The Federal Reserve could actually cut interest rates next week
The Fed might actually slash rates next week after the Bureau of Labor Statistics’ report on Friday showed that nonfarm payrolls increased a seasonally adjusted 177,000 for the month, slightly below the downwardly revised 185,000 in March but above the Dow Jones estimate for 133,000.
Vicky Pryce, who works as chief economic adviser at the Center for Economics and Business Research, said the Fed will be watching these labor numbers closely ahead of their meeting next week. She said policymakers see these payroll figures as a clear signal of what the country’s business climate looks like right now.
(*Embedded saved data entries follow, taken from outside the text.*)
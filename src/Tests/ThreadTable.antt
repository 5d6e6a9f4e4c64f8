-- ===== src/Tests/ThreadTable.antt =====
-- The thread table with a few threads.
use fake_libc.Common.{◌≡◌, refl, [], ◌∷◌, arith}
use fake_libc.ThreadTable.{Table, row, thread_to_tid, my_settid_to_thread, my_gettid_from_thread}
use fake_libc.ThreadTable.Lookup.{has_free, has_thread, gettid-settid}
use fake_libc.ThreadTable.Capacity.{gettid-settid_second}

abbrev small : Table
small = row 0 0 ∷ row 41 1001 ∷ row 0 0 ∷ []

fills_all : my_settid_to_thread 1002 42 small ≡ row 42 1002 ∷ row 41 1001 ∷ row 42 1002 ∷ []
unfolding my_settid_to_thread
fills_all = refl

finds : my_gettid_from_thread 1001 (my_settid_to_thread 1002 42 small) ≡ 41
unfolding my_settid_to_thread my_gettid_from_thread
finds = refl

gettid-settid_example : my_gettid_from_thread 1002 (my_settid_to_thread 1002 42 thread_to_tid) ≡ 42
unfolding thread_to_tid has_thread has_free
gettid-settid_example = gettid-settid 1002 42 thread_to_tid (omega arith) refl refl

gettid-settid_second_example :
    my_gettid_from_thread 1003
      (my_settid_to_thread 1003 43 (my_settid_to_thread 1002 42 thread_to_tid))
    ≡ 0
unfolding thread_to_tid has_thread
gettid-settid_second_example =
    gettid-settid_second 1002 1003 42 43 thread_to_tid (omega arith) (omega arith) (omega arith)
      refl
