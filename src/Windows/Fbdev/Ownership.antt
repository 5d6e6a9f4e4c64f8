-- ===== src/Windows/Fbdev/Ownership.antt =====
-- Who holds a buffer between `dequeueBuffer` and `queueBuffer` or `cancelBuffer`.
use mathlib.Core.Path.{subst}
use fake_libc.Common.{
  pos, ◌-ℤ◌, ◌≤ℤ◌, ℕ, zero, suc, ◌+◌, ◌≡◌, ◌≢◌, refl, sym, ◌∙◌, ap, ◌==◌, if◌then◌else◌, true,
  false, List, [], ◌∷◌, arith, Bool-cases, Option-cases, inl, inr,
}
use fake_libc.Windows.Base.{put}
use fake_libc.Windows.Fbdev.{
  Build, Device, Answer, Window, Phase, entering, awaits_count, awaits_buffer, dequeued, inc_ref,
  dec_ref, dec_all, destroy_buffers, make_buffer, make_buffers, reallocate_buffers, find_free,
  take_buffer, search_buffer, await_count, dequeue_buffer, end_queue, cancel_buffer, set_usage,
  set_buffers_format, set_buffer_count, new_window,
}
use fake_libc.Windows.Fbdev.Flags.{is_in, are_distinct, count_free}
use fake_libc.Windows.Fbdev.Search.{
  IsCounted, search_buffer-dequeued, search_buffer-lowers, search_buffer-found, search_buffer-none,
}
use fake_libc.Windows.Fbdev.Counting.{
  reallocate_buffers-IsCounted, dequeue_buffer-IsCounted, Run-IsCounted, new_window-IsCounted,
  dec_ref-busy, start_queue-ok,
}
use fake_libc.Windows.Fbdev.Threads.{
  Place, System, AreFresh, Event, calls, attempts, queues, posts, cancels, Step, Run, here, next,
  call, attempt, queue, post, cancel, lock, configure_usage, configure_format, configure_count,
}

-- The window in which the search of an attempt runs.
unfoldable pub searched : Build → (ℕ → Answer) → Phase → Window → Window
searched build answers entering w =
    if w.allocate_buffers then reallocate_buffers build answers w else w
searched build answers awaits_count w = w
searched build answers awaits_buffer w = w

await_count-dequeued :
    (build : Build) (w r : Window) (b : ℕ)
    → await_count build w ≡ (dequeued b, r)
    → search_buffer build w ≡ (dequeued b, r)
unfolding await_count
await_count-dequeued build w r b e = ground arith

dequeue_buffer-search :
    (build : Build) (answers : ℕ → Answer) (ph : Phase) (w r : Window) (b : ℕ)
    → dequeue_buffer build answers ph w ≡ (dequeued b, r)
    → search_buffer build (searched build answers ph w) ≡ (dequeued b, r)
unfolding dequeue_buffer searched
dequeue_buffer-search build answers entering w r b e = await_count-dequeued build _ r b e
dequeue_buffer-search build answers awaits_count w r b e = await_count-dequeued build w r b e
dequeue_buffer-search build answers awaits_buffer w r b e = e

searched-IsCounted :
    (build : Build) (answers : ℕ → Answer) (ph : Phase) (w : Window)
    → AreFresh answers
    → IsCounted w
    → IsCounted (searched build answers ph w)
unfolding searched
searched-IsCounted build answers entering w fr v =
    ground (arith, reallocate_buffers-IsCounted build answers w fr)
searched-IsCounted build answers awaits_count w fr v = v
searched-IsCounted build answers awaits_buffer w fr v = v

-- On Android from 4.2 on: in every state that threads reach from a new window, for which `new`
-- has not found a negative m_freeBufs in the memory, whatever they dequeue, queue, cancel, lock
-- and set, an attempt to dequeue that answers a buffer, where new objects of one reallocation
-- have distinct addresses, answers one of the list that is not the front buffer; afterwards it
-- is busy, the list has no buffer twice, m_freeBufs is at least the number of its free buffers,
-- and it has been lowered by one, from above 0.
pub Run-dequeued :
    {build : Build} {Allowed : Event → Type 0} {s : System} (alloc : ℕ) (device : Device)
    (memory : Window) (place : ℕ → Place) (answers : ℕ → Answer) (ph : Phase) (r : Window) (b : ℕ)
    → build.front_serves ≡ false
    → pos 0 ≤ℤ memory.free_bufs
    → Run build Allowed (record { window = new_window build alloc device memory; place = place }) s
    → AreFresh answers
    → dequeue_buffer build answers ph s.window ≡ (dequeued b, r)
    → (is_in b r.buf_list ≡ true)
      × (b ≢ r.front_buf)
      × ((r.buffers b).busy ≡ 1)
      × (are_distinct r.buf_list ≡ true)
      × (pos (count_free r.buffers r.buf_list) ≤ℤ r.free_bufs)
      × (pos 1 ≤ℤ (searched build answers ph s.window).free_bufs)
      × (r.free_bufs ≡ (searched build answers ph s.window).free_bufs -ℤ pos 1)
Run-dequeued {build} {Allowed} {s} alloc device memory place answers ph r b old found_count run fr
      e =
    let found = dequeue_buffer-search build answers ph s.window r b e in
    let (listed, front, _, taken) = search_buffer-dequeued build _ r b old found in
    let before =
      Run-IsCounted old run (new_window-IsCounted build alloc device memory found_count) in
    let (spare, lowered) =
      search_buffer-lowers build _ r b old (searched-IsCounted build answers ph s.window fr before)
        found in
    let after : IsCounted r =
      subst (λ x. IsCounted x.1) e
        (dequeue_buffer-IsCounted build answers ph s.window old fr before) in
    (listed, front, taken, after.distinct, after.counted, spare, lowered)

dec_all-busy :
    (bs : List ℕ) (q : ℕ) (w : Window) → ((dec_all bs w).buffers q).busy ≡ (w.buffers q).busy
unfolding dec_all
dec_all-busy [] q w = refl
dec_all-busy (b ∷ bs) q w = dec_all-busy bs q (dec_ref b w) ∙ dec_ref-busy b q w

make_buffer-busy :
    (build : Build) (a : Answer) (q : ℕ) (w : Window)
    → a.address ≢ q
    → ((make_buffer build a w).buffers q).busy ≡ (w.buffers q).busy
unfolding make_buffer inc_ref put
make_buffer-busy build a q w ne = ground arith

make_buffers-busy :
    (build : Build) (n : ℕ) (answers : ℕ → Answer) (q : ℕ) (w : Window)
    → ((i : ℕ) → (answers i).address ≢ q)
    → ((make_buffers build n answers w).buffers q).busy ≡ (w.buffers q).busy
unfolding make_buffers
make_buffers-busy build zero answers q w ne = refl
make_buffers-busy build (suc n) answers q w ne =
    let a : Answer = answers 0 in
    let w' = make_buffer build a w in
    let made = make_buffer-busy build a q w (ne 0) in
    elim (Bool-cases ((w'.buffers a.address).status == 0)) [
      | inl e ↦ rw e (make_buffers-busy build n (λ i. answers (i + 1)) q _ (λ i. ne (i + 1)) ∙ made)
      | inr e ↦ rw e (dec_ref-busy a.address q w' ∙ made)
    ]

-- A reallocation that makes no object at an address leaves the flag there.
searched-busy :
    (build : Build) (answers : ℕ → Answer) (ph : Phase) (q : ℕ) (w : Window)
    → ((i : ℕ) → (answers i).address ≢ q)
    → ((searched build answers ph w).buffers q).busy ≡ (w.buffers q).busy
unfolding searched reallocate_buffers destroy_buffers
searched-busy build answers entering q w ne =
    let again =
      make_buffers-busy build w.buffer_count answers q (destroy_buffers w) ne
      ∙ dec_all-busy w.buf_list q w in
    ground arith
searched-busy build answers awaits_count q w ne = refl
searched-busy build answers awaits_buffer q w ne = refl

-- What may happen while a thread holds `b`: nobody else posts or cancels it, and no new object is made
-- at its address.
unfoldable pub Spares : ℕ → Event → Type 0
Spares b calls = Unit
Spares b (attempts answers a) = (i : ℕ) → (answers i).address ≢ b
Spares b (queues c) = Unit
Spares b (posts c) = c ≢ b
Spares b (cancels c) = c ≢ b

dequeue_buffer-other :
    (build : Build) (answers : ℕ → Answer) (ph : Phase) (w r : Window) (b c : ℕ)
    → build.front_serves ≡ false
    → ((i : ℕ) → (answers i).address ≢ b)
    → (w.buffers b).busy ≢ 0
    → dequeue_buffer build answers ph w ≡ (dequeued c, r)
    → c ≢ b
dequeue_buffer-other build answers ph w r b c old ne busy e same =
    let (_, _, idle, _) =
      search_buffer-dequeued build _ r c old (dequeue_buffer-search build answers ph w r c e) in
    busy (
      sym (searched-busy build answers ph b w ne)
      ∙ ap (λ x. ((searched build answers ph w).buffers x).busy) (sym same)
      ∙ idle)

search_buffer-busy :
    (build : Build) (w : Window) (b : ℕ)
    → build.front_serves ≡ false
    → (w.buffers b).busy ≢ 0
    → ((search_buffer build w).1.buffers b).busy ≢ 0
unfolding take_buffer put
search_buffer-busy build w b old busy = elim (Option-cases (find_free w w.buf_list)) [
  | inl none_free ↦ rw (search_buffer-none build w old none_free) busy
  | inr (c, found) ↦ rw (search_buffer-found build w c found) (ground arith)
]

await_count-busy :
    (build : Build) (w : Window) (b : ℕ)
    → build.front_serves ≡ false
    → (w.buffers b).busy ≢ 0
    → ((await_count build w).1.buffers b).busy ≢ 0
unfolding await_count
await_count-busy build w b old busy = ground (arith, search_buffer-busy build w b old busy)

dequeue_buffer-busy :
    (build : Build) (answers : ℕ → Answer) (ph : Phase) (w : Window) (b : ℕ)
    → build.front_serves ≡ false
    → ((i : ℕ) → (answers i).address ≢ b)
    → (w.buffers b).busy ≢ 0
    → ((dequeue_buffer build answers ph w).1.buffers b).busy ≢ 0
unfolding dequeue_buffer searched
dequeue_buffer-busy build answers entering w b old ne busy =
    await_count-busy build (searched build answers entering w) b old
      (rw (searched-busy build answers entering b w ne) busy)
dequeue_buffer-busy build answers awaits_count w b old ne busy = await_count-busy build w b old busy
dequeue_buffer-busy build answers awaits_buffer w b old ne busy =
    search_buffer-busy build w b old busy

Step-busy :
    {build : Build} {e : Event} {s r : System} {b : ℕ}
    → build.front_serves ≡ false
    → Step build e s r
    → Spares b e
    → (s.window.buffers b).busy ≢ 0
    → (r.window.buffers b).busy ≢ 0
unfolding end_queue cancel_buffer set_usage set_buffers_format set_buffer_count put Spares
Step-busy old (call s t p e how) spare busy = busy
Step-busy {build} {b} old (attempt s t ph answers e fr) spare busy =
    dequeue_buffer-busy build answers ph s.window b old spare busy
Step-busy old (queue s t c w e st) spare busy =
    let (_, made) = start_queue-ok c s.window w st in rw made (ground arith)
Step-busy old (post s t c e) spare busy = ground arith
Step-busy old (cancel s t c e) spare busy = ground arith
Step-busy old (lock s t c e e2) spare busy = busy
Step-busy old (configure_usage s usage) spare busy = busy
Step-busy old (configure_format s format) spare busy = busy
Step-busy old (configure_count s cnt) spare busy = ground arith

Run-busy :
    {build : Build} {b : ℕ} {s r : System}
    → build.front_serves ≡ false
    → Run build (Spares b) s r
    → (s.window.buffers b).busy ≢ 0
    → (r.window.buffers b).busy ≢ 0
Run-busy old here busy = busy
Run-busy old (next p spare st) busy = Step-busy old st spare (Run-busy old p busy)

-- On Android from 4.2 on: from a dequeue that answered a buffer, along any steps of any threads
-- of which none ends a queueing of this buffer, cancels it or makes a new object at its address,
-- a further dequeue that answers a buffer and makes no object at this address either answers
-- another one, and the first stays busy.
pub Run-exclusive :
    {build : Build} {s r : System} (answers later : ℕ → Answer) (first second : Phase)
    (w q : Window) (b c : ℕ)
    → build.front_serves ≡ false
    → dequeue_buffer build answers first w ≡ (dequeued b, s.window)
    → Run build (Spares b) s r
    → ((i : ℕ) → (later i).address ≢ b)
    → dequeue_buffer build later second r.window ≡ (dequeued c, q)
    → (c ≢ b) × ((q.buffers b).busy ≢ 0)
Run-exclusive {build} {s} {r} answers later first second w q b c old taken run ne again =
    let (_, _, _, flag) =
      search_buffer-dequeued build _ s.window b old
        (dequeue_buffer-search build answers first w s.window b taken) in
    let busy = Run-busy old run (λ z. absurd (omega (arith, flag, z))) in
    let stays : (q.buffers b).busy ≢ 0 =
      subst (λ x. (x.1.buffers b).busy ≢ 0) again
        (dequeue_buffer-busy build later second r.window b old ne busy) in
    (dequeue_buffer-other build later second r.window q b c old ne busy again, stays)
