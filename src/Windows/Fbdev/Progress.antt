-- ===== src/Windows/Fbdev/Progress.antt =====
-- When `dequeueBuffer` answers at once, and when it never does.
use fake_libc.Common.{
  ℕ, ◌<◌, ◌≤◌, ◌≡◌, ◌≢◌, if◌then◌else◌, true, false, List, [], ◌∷◌, none, arith, Option-cases, inl,
  inr,
}
use fake_libc.Windows.Fbdev.{
  Build, Device, Answer, Window, Phase, entering, awaits_count, awaits_buffer, dequeued, find_free,
  take_buffer, search_buffer, await_count, dequeue_buffer, set_usage, set_buffer_count, new_window,
}
use fake_libc.Windows.Fbdev.Flags.{is_in, are_distinct, free, count_free}
use fake_libc.Windows.Fbdev.Search.{IsCounted, search_buffer-found, search_buffer-none}

-- At most the front buffer is free where the search finds nothing.
none-free :
    (w : Window) (bs : List ℕ)
    → are_distinct bs ≡ true
    → find_free w bs ≡ none
    → count_free w.buffers bs ≤ (if is_in w.front_buf bs then 1 else 0)
unfolding find_free count_free is_in are_distinct free
none-free w [] d e = ground arith
none-free w (b ∷ bs) d e = ground (arith, none-free w bs)

-- Where the list has no buffer twice, m_freeBufs is at least the number of its free buffers, at
-- least two of these are free and no reallocation is due, an attempt to dequeue from any point
-- of the function waits no more: it takes a buffer.
pub dequeue_buffer-at_once :
    (build : Build) (answers : ℕ → Answer) (ph : Phase) (w : Window)
    → IsCounted w
    → w.allocate_buffers ≡ false
    → 1 < count_free w.buffers w.buf_list
    → (b : ℕ) × (dequeue_buffer build answers ph w ≡ (dequeued b, take_buffer b w))
unfolding dequeue_buffer await_count
dequeue_buffer-at_once build answers ph w v quiet two =
    elim (Option-cases (find_free w w.buf_list)) [
      | inl e ↦ absurd (ground (arith, none-free w w.buf_list v.distinct e))
      | inr (b, e) ↦ (b, answered ph b (search_buffer-found build w b e))
    ]
  where
    answered :
        (ph : Phase) (b : ℕ)
        → search_buffer build w ≡ (dequeued b, take_buffer b w)
        → dequeue_buffer build answers ph w ≡ (dequeued b, take_buffer b w)
    answered entering b e = ground (arith, v.counted)
    answered awaits_count b e = ground (arith, v.counted)
    answered awaits_buffer b e = e

-- Where nothing is to be reallocated and the search finds nothing, every attempt waits.
waits_on :
    (build : Build) (answers : ℕ → Answer) (ph : Phase) (w : Window)
    → build.front_serves ≡ false
    → w.allocate_buffers ≡ false
    → find_free w w.buf_list ≡ none
    → ((dequeue_buffer build answers ph w).1 ≡ w)
      × ((b : ℕ) → (dequeue_buffer build answers ph w).0 ≢ dequeued b)
unfolding dequeue_buffer await_count
waits_on build answers entering w old quiet e =
    let waiting = search_buffer-none build w old e in ground arith
waits_on build answers awaits_count w old quiet e =
    let waiting = search_buffer-none build w old e in ground arith
waits_on build answers awaits_buffer w old quiet e =
    let waiting = search_buffer-none build w old e in ground arith

new_window-quiet :
    (build : Build) (alloc : ℕ) (device : Device) (memory : Window)
    → let w = set_usage build.usage_hw_fb (new_window build alloc device memory) in
      (w.allocate_buffers ≡ false) × (find_free w w.buf_list ≡ none)
unfolding set_usage new_window set_buffer_count find_free
new_window-quiet build alloc device memory = ground arith

-- On Android from 4.2 on: setting a new window's usage to GRALLOC_USAGE_HW_FB, which it has
-- already, cancels its first allocation, so that every attempt to dequeue, from any point of the
-- function, waits and leaves the window as it is.
pub new_window-waits :
    (build : Build) (alloc : ℕ) (device : Device) (memory : Window) (answers : ℕ → Answer)
    → build.front_serves ≡ false
    → let w = set_usage build.usage_hw_fb (new_window build alloc device memory) in
      ((ph : Phase) → (dequeue_buffer build answers ph w).1 ≡ w)
      × ((ph : Phase) (b : ℕ) → (dequeue_buffer build answers ph w).0 ≢ dequeued b)
new_window-waits build alloc device memory answers old =
    let w = set_usage build.usage_hw_fb (new_window build alloc device memory) in
    let (quiet, nothing) = new_window-quiet build alloc device memory in
    (
      λ ph. (waits_on build answers ph w old quiet nothing).0,
      λ ph. (waits_on build answers ph w old quiet nothing).1,
    )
Vicky pointed out that multiple surveys are already showing companies cutting back hiring plans sharply because of all the mess around trade policy. Nobody wants to take big risks when they don’t know what kind of trade barrier might hit next.
Vicky also mentioned a brewing problem that hasn’t even made it into the labor data yet. Some federal employees have already been told they’re losing their jobs, but those layoffs haven’t shown up in the job reports yet.
That hit is still coming unless there’s some kind of reversal. Vicky tied that to ongoing instability, including disruptions at companies like Tesla, where Elon Musk was recently rumored to leave. The whole economy feels unstable, and businesses are reacting by holding back.